- What you have to do
Whenever a line in the entries below contains "order", copy that line.

---------- Records ----------

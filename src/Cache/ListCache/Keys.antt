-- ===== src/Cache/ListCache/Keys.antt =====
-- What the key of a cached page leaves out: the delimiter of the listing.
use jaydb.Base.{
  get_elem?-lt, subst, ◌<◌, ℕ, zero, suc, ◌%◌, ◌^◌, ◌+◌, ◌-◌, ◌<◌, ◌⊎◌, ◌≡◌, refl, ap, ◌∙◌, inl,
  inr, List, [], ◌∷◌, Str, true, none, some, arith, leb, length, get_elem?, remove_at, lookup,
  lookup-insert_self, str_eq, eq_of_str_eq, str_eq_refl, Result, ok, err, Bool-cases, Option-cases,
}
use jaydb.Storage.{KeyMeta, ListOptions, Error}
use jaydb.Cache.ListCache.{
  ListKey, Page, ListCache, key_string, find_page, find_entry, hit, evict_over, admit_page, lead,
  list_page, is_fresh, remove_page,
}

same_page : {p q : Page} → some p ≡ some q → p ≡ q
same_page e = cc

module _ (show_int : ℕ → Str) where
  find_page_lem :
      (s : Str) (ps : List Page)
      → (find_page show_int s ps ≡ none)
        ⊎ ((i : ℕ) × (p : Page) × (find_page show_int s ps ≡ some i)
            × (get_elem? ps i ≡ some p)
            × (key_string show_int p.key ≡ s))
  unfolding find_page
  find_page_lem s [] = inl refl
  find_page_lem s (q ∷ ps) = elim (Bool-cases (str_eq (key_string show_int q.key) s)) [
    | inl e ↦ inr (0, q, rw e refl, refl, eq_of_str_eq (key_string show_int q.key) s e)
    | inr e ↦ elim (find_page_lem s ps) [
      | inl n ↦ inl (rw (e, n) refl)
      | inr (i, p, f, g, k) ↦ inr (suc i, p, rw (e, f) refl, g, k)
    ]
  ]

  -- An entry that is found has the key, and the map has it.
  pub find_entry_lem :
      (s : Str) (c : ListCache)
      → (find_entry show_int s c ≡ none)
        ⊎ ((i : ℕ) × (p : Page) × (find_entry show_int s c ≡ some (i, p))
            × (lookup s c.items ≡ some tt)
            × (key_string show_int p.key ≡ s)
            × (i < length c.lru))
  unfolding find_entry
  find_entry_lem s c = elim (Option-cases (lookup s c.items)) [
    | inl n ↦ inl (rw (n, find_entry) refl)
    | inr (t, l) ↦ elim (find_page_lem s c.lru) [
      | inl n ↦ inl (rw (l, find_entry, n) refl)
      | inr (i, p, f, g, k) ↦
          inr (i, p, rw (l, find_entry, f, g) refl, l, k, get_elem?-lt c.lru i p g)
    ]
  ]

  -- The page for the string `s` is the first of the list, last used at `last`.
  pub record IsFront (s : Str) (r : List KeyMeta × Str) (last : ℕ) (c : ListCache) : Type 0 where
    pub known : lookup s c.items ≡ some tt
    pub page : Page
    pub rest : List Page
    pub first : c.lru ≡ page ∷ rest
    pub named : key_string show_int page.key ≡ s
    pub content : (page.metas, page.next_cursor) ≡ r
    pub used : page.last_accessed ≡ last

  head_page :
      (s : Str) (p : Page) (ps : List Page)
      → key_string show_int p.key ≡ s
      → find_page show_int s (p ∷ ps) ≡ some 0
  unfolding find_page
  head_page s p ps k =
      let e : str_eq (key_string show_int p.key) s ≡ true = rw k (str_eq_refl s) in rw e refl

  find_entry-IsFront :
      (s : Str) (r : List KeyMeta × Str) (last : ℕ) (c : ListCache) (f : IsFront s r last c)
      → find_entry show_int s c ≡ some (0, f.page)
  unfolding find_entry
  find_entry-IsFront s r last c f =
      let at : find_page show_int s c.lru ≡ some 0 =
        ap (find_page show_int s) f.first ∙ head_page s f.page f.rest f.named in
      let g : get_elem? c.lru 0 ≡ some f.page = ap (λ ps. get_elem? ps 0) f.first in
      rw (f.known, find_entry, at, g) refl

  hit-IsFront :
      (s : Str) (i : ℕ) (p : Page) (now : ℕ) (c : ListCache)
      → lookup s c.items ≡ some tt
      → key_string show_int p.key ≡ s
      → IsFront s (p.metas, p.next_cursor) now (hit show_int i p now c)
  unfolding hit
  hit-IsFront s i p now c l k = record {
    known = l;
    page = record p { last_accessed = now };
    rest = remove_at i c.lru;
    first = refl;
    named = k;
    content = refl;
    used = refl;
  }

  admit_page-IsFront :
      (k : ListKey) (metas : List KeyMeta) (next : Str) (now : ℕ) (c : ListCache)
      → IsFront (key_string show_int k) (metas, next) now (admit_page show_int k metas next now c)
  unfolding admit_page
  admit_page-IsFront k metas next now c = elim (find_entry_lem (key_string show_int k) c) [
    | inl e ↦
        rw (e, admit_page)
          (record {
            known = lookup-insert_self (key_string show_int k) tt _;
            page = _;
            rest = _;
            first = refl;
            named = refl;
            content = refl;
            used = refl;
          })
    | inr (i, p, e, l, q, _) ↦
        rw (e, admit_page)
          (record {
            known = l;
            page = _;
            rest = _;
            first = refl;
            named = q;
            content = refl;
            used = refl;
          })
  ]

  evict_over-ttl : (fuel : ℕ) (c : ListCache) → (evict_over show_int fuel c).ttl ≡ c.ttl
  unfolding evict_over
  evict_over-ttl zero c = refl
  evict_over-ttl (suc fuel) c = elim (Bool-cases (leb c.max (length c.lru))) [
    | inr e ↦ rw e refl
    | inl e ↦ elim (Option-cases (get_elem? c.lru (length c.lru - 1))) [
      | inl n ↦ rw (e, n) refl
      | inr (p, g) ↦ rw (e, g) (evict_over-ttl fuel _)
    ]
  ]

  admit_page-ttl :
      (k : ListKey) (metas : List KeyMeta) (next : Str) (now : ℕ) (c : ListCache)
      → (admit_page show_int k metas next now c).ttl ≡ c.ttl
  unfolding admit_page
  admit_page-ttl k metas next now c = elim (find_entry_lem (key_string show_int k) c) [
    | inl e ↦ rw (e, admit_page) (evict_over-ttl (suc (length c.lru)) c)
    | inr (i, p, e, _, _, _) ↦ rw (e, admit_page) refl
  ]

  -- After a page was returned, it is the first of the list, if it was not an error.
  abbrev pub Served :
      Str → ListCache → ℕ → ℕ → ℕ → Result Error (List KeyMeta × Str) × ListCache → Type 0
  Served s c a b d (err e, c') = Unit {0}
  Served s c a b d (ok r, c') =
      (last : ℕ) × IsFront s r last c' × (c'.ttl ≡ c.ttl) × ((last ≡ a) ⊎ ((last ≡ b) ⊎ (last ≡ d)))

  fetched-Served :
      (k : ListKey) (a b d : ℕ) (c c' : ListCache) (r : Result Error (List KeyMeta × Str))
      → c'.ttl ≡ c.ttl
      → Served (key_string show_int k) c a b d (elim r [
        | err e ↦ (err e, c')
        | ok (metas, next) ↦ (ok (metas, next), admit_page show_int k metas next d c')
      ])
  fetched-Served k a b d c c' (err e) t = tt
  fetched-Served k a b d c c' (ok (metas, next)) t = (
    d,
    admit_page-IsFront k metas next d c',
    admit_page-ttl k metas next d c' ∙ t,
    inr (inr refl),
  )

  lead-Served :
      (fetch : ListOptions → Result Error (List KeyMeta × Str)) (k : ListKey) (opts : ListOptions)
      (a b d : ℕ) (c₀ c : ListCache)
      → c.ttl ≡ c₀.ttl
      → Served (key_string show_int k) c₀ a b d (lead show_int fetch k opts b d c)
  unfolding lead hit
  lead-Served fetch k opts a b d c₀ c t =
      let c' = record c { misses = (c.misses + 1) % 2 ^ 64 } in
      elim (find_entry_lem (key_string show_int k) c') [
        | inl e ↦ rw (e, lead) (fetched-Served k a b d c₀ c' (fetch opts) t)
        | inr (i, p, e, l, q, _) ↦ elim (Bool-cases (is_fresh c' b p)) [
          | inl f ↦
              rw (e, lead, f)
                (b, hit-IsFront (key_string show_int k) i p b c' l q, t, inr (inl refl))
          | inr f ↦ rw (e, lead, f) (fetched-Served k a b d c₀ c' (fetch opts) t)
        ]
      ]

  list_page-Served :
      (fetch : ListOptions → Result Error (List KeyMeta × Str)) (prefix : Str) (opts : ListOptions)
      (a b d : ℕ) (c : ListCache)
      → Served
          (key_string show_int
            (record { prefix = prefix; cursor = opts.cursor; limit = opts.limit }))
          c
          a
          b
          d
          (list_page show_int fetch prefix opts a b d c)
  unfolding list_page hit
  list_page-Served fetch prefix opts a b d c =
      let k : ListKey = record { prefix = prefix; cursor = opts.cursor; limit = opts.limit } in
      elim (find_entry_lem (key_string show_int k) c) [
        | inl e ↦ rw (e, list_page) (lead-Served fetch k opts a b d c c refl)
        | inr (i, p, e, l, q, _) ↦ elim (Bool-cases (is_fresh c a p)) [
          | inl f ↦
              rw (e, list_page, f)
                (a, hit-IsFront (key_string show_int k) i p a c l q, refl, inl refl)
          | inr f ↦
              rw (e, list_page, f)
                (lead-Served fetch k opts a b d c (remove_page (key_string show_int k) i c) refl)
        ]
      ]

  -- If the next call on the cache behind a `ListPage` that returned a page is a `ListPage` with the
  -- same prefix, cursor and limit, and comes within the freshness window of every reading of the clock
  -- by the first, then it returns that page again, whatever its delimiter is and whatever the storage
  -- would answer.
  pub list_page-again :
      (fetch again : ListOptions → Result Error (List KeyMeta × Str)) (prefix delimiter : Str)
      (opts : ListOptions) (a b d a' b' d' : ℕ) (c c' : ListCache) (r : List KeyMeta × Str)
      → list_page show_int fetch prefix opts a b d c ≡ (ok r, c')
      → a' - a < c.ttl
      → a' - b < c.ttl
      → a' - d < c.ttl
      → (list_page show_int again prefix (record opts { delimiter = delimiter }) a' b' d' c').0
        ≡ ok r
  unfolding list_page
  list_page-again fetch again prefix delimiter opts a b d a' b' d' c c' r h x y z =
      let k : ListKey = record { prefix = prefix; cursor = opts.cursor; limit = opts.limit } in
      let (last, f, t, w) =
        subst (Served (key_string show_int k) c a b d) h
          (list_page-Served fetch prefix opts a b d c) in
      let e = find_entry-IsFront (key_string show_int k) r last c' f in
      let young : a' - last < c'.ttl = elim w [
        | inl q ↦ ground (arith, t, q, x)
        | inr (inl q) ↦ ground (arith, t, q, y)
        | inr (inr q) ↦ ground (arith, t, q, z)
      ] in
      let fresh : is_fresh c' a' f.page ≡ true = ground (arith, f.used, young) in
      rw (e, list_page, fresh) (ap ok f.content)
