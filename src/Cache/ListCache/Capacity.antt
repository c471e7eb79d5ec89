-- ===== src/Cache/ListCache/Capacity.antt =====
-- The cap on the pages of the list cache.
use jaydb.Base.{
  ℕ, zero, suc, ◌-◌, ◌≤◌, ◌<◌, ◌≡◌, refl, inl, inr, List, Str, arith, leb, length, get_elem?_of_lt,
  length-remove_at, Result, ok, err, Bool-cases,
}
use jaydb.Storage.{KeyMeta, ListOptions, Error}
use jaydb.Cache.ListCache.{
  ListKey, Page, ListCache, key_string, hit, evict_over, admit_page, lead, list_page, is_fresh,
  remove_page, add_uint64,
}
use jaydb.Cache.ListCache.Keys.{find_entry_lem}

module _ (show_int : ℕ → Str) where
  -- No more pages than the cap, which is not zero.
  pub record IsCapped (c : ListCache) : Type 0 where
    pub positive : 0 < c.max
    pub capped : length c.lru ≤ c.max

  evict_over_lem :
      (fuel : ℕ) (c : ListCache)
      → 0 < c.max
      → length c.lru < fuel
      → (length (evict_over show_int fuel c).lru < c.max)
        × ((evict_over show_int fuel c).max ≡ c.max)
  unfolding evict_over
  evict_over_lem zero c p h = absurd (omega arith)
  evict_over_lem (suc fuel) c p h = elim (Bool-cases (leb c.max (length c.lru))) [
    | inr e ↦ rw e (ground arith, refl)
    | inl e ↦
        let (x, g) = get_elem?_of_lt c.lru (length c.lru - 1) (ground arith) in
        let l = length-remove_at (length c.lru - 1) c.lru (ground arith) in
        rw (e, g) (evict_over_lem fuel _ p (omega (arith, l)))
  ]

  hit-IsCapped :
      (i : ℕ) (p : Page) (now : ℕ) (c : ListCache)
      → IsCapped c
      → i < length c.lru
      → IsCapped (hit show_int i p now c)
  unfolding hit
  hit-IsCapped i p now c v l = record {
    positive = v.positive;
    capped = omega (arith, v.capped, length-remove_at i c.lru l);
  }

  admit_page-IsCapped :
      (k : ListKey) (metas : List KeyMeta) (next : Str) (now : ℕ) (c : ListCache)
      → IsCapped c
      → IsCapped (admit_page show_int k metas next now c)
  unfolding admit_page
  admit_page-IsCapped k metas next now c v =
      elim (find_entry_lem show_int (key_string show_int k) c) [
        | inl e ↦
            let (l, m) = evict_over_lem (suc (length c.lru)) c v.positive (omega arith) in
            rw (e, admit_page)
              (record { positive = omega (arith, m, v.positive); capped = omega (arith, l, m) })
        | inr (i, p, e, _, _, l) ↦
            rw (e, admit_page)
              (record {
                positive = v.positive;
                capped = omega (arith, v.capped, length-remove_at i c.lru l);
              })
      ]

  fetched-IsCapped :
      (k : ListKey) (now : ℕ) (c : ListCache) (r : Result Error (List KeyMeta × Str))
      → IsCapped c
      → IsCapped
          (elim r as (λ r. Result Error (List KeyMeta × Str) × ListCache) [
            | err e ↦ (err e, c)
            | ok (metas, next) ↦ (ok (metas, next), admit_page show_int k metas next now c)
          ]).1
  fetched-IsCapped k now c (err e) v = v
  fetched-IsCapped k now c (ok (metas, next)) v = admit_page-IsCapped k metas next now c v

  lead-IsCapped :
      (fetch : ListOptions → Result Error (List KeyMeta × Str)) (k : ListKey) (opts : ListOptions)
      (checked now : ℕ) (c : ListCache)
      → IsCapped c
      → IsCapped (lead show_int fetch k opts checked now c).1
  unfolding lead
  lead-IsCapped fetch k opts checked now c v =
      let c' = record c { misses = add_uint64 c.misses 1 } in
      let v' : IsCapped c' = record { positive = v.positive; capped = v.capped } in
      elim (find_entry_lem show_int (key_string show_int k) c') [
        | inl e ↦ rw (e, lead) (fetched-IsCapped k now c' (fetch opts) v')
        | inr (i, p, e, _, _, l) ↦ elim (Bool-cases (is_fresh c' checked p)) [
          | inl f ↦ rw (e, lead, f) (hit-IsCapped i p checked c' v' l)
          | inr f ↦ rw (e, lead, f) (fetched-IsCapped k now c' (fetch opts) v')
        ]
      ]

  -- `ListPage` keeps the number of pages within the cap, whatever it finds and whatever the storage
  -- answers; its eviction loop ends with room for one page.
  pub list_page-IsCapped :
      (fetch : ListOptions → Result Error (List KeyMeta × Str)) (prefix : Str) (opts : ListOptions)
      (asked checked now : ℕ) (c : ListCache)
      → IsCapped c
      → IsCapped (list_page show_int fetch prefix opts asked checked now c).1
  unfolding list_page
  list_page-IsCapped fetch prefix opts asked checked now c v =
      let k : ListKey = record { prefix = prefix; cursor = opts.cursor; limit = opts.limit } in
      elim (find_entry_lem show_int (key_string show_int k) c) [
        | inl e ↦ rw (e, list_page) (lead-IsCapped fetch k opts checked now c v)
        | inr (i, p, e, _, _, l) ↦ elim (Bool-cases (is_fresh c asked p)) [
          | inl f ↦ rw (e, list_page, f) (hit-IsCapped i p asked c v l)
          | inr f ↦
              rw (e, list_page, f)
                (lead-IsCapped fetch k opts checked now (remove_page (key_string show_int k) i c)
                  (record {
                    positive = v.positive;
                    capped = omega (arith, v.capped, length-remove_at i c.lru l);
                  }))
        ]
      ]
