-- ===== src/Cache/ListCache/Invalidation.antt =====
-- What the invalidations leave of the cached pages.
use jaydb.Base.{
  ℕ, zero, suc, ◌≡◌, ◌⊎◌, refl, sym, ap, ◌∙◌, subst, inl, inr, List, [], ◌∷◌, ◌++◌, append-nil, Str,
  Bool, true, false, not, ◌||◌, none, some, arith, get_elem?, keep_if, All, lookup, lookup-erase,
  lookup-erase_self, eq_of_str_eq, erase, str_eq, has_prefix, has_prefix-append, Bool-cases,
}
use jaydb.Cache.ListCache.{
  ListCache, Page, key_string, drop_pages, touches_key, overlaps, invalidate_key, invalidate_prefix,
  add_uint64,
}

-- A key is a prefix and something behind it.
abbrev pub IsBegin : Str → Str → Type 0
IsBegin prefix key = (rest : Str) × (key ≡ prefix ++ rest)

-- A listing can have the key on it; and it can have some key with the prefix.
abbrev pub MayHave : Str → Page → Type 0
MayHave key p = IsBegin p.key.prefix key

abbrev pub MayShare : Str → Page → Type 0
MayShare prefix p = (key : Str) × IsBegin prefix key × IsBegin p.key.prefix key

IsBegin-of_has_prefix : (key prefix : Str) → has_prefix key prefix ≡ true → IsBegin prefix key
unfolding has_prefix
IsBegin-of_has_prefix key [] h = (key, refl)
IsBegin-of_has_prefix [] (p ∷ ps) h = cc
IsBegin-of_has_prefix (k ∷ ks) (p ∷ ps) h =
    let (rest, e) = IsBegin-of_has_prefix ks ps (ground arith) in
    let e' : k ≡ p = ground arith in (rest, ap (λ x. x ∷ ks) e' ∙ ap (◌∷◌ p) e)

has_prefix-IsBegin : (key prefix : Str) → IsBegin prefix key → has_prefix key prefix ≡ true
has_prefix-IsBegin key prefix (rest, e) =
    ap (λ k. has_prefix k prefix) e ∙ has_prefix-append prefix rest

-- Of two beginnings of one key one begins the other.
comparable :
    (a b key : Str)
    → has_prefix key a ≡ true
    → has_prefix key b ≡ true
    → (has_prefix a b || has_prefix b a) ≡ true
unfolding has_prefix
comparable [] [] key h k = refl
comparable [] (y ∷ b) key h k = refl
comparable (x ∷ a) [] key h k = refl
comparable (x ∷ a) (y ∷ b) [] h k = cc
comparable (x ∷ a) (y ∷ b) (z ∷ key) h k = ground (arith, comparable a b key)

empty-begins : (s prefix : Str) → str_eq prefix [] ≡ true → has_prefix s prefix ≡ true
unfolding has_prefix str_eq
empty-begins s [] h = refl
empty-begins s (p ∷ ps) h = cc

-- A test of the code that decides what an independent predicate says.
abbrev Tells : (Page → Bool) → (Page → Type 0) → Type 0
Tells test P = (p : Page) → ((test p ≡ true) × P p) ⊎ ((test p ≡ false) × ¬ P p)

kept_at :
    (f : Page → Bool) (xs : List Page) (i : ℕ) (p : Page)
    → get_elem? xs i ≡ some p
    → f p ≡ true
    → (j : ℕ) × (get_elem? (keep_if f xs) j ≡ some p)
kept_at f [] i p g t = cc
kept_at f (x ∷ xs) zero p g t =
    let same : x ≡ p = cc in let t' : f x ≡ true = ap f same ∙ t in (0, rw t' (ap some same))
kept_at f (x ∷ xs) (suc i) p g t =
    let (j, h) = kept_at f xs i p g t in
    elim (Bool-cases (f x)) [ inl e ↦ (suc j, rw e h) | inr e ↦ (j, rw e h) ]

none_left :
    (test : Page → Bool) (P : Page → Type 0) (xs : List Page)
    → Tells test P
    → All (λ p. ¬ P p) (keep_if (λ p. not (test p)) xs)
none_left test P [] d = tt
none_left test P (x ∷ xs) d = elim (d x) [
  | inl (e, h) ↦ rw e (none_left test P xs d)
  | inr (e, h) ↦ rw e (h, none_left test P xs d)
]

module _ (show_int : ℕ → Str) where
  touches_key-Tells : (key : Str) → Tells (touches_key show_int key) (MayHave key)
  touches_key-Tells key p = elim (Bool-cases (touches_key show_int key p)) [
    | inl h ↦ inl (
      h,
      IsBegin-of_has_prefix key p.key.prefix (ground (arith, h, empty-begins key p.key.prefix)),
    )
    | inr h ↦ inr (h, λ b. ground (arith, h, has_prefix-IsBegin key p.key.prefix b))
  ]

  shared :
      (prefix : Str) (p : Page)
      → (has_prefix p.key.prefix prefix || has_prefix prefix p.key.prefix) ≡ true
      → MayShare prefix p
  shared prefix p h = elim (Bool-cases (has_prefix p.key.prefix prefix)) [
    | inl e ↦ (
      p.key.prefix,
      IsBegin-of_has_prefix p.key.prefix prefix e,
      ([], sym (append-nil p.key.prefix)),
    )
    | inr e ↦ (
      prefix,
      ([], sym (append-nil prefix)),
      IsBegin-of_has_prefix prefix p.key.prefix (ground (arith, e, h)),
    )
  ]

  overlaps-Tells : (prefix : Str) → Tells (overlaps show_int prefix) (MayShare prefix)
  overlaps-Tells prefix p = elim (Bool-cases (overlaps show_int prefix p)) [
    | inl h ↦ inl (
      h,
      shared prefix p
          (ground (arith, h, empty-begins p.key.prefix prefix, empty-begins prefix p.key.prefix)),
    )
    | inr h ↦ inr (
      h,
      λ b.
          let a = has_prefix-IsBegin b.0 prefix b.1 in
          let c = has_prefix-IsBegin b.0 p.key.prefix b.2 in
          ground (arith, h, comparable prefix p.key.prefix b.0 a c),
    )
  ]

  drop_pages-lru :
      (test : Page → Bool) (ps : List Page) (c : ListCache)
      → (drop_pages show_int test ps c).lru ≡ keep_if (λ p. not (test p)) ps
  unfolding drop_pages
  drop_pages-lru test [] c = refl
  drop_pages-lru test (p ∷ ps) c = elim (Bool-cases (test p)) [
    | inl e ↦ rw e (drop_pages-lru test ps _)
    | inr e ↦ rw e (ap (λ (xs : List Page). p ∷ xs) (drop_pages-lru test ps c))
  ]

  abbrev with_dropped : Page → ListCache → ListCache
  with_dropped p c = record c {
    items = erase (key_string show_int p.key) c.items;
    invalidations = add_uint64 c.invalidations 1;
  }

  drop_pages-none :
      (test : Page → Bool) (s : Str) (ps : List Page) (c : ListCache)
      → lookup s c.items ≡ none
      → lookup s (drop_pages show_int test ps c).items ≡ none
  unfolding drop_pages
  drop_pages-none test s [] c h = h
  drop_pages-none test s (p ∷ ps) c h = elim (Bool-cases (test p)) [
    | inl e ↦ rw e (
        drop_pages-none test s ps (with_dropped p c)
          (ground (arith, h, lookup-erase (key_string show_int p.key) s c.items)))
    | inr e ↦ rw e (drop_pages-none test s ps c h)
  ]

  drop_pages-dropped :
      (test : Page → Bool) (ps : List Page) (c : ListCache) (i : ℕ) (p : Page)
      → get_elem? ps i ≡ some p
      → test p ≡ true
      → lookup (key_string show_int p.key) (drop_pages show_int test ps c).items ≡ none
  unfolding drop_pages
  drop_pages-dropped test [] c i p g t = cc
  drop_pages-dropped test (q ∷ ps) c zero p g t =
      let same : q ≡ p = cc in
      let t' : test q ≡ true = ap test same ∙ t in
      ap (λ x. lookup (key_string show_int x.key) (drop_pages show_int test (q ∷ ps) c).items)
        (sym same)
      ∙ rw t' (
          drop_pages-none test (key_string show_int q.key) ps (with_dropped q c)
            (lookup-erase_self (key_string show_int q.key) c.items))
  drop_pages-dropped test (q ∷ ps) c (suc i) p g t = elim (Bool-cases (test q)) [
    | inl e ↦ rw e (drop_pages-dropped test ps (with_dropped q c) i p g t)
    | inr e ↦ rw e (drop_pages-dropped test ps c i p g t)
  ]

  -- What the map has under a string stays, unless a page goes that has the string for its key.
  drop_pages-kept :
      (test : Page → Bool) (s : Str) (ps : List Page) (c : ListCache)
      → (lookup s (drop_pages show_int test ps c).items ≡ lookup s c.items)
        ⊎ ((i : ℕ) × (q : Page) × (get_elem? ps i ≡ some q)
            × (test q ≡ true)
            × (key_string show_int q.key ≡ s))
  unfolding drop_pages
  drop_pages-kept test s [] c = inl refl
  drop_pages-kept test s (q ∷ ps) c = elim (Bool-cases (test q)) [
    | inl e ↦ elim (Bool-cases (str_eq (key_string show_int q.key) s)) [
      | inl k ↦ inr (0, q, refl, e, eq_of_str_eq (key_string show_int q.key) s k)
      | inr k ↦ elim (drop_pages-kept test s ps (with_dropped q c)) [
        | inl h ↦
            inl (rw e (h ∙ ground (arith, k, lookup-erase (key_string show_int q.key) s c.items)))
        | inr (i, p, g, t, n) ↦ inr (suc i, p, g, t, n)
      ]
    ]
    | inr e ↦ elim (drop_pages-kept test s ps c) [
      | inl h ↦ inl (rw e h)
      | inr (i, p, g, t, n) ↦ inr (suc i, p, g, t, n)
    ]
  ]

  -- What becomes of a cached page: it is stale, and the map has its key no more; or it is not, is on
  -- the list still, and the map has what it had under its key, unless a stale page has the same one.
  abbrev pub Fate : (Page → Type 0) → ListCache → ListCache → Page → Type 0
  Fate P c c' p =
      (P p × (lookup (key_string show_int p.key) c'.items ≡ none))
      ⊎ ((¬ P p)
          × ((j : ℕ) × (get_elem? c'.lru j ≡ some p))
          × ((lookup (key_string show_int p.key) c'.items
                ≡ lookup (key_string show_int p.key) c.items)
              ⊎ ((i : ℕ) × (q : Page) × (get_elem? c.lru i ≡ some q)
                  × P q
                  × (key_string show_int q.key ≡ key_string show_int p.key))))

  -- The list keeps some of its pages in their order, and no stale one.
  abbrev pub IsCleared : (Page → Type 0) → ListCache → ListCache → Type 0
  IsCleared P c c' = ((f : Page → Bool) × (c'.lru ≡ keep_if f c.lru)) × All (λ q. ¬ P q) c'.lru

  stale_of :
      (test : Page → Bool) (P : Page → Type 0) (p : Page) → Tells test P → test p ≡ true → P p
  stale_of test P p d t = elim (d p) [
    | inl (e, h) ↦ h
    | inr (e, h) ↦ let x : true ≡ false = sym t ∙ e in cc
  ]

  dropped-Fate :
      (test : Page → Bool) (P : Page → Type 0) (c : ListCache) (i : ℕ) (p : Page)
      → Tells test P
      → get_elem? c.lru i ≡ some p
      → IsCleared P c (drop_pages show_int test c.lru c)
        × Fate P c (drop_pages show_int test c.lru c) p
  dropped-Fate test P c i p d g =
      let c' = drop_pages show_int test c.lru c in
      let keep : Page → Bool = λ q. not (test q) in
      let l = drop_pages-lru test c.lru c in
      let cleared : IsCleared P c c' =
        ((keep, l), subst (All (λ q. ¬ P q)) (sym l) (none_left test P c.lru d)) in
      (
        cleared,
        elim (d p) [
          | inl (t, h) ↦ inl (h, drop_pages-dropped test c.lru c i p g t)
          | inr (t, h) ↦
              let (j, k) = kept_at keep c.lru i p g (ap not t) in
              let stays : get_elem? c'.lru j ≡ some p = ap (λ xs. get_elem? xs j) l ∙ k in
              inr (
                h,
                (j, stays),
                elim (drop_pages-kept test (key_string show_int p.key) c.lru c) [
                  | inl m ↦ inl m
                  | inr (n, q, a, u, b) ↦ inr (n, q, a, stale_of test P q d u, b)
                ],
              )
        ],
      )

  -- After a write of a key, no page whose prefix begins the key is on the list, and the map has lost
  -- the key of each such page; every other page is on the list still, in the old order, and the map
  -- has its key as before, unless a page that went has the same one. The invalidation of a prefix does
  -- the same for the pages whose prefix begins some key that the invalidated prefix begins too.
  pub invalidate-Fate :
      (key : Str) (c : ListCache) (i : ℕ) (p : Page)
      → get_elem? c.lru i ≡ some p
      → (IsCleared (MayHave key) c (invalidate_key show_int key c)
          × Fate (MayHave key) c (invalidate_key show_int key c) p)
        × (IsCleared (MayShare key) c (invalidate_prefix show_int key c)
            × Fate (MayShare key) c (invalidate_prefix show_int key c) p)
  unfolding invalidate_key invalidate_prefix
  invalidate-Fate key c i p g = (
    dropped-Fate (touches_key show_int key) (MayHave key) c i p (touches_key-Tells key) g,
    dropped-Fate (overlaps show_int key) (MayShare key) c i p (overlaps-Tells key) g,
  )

----------

- Task answer
  -- The list keeps some of its pages in their order, and no stale one.
  -- the key of each such page; every other page is on the list still, in the old order, and the map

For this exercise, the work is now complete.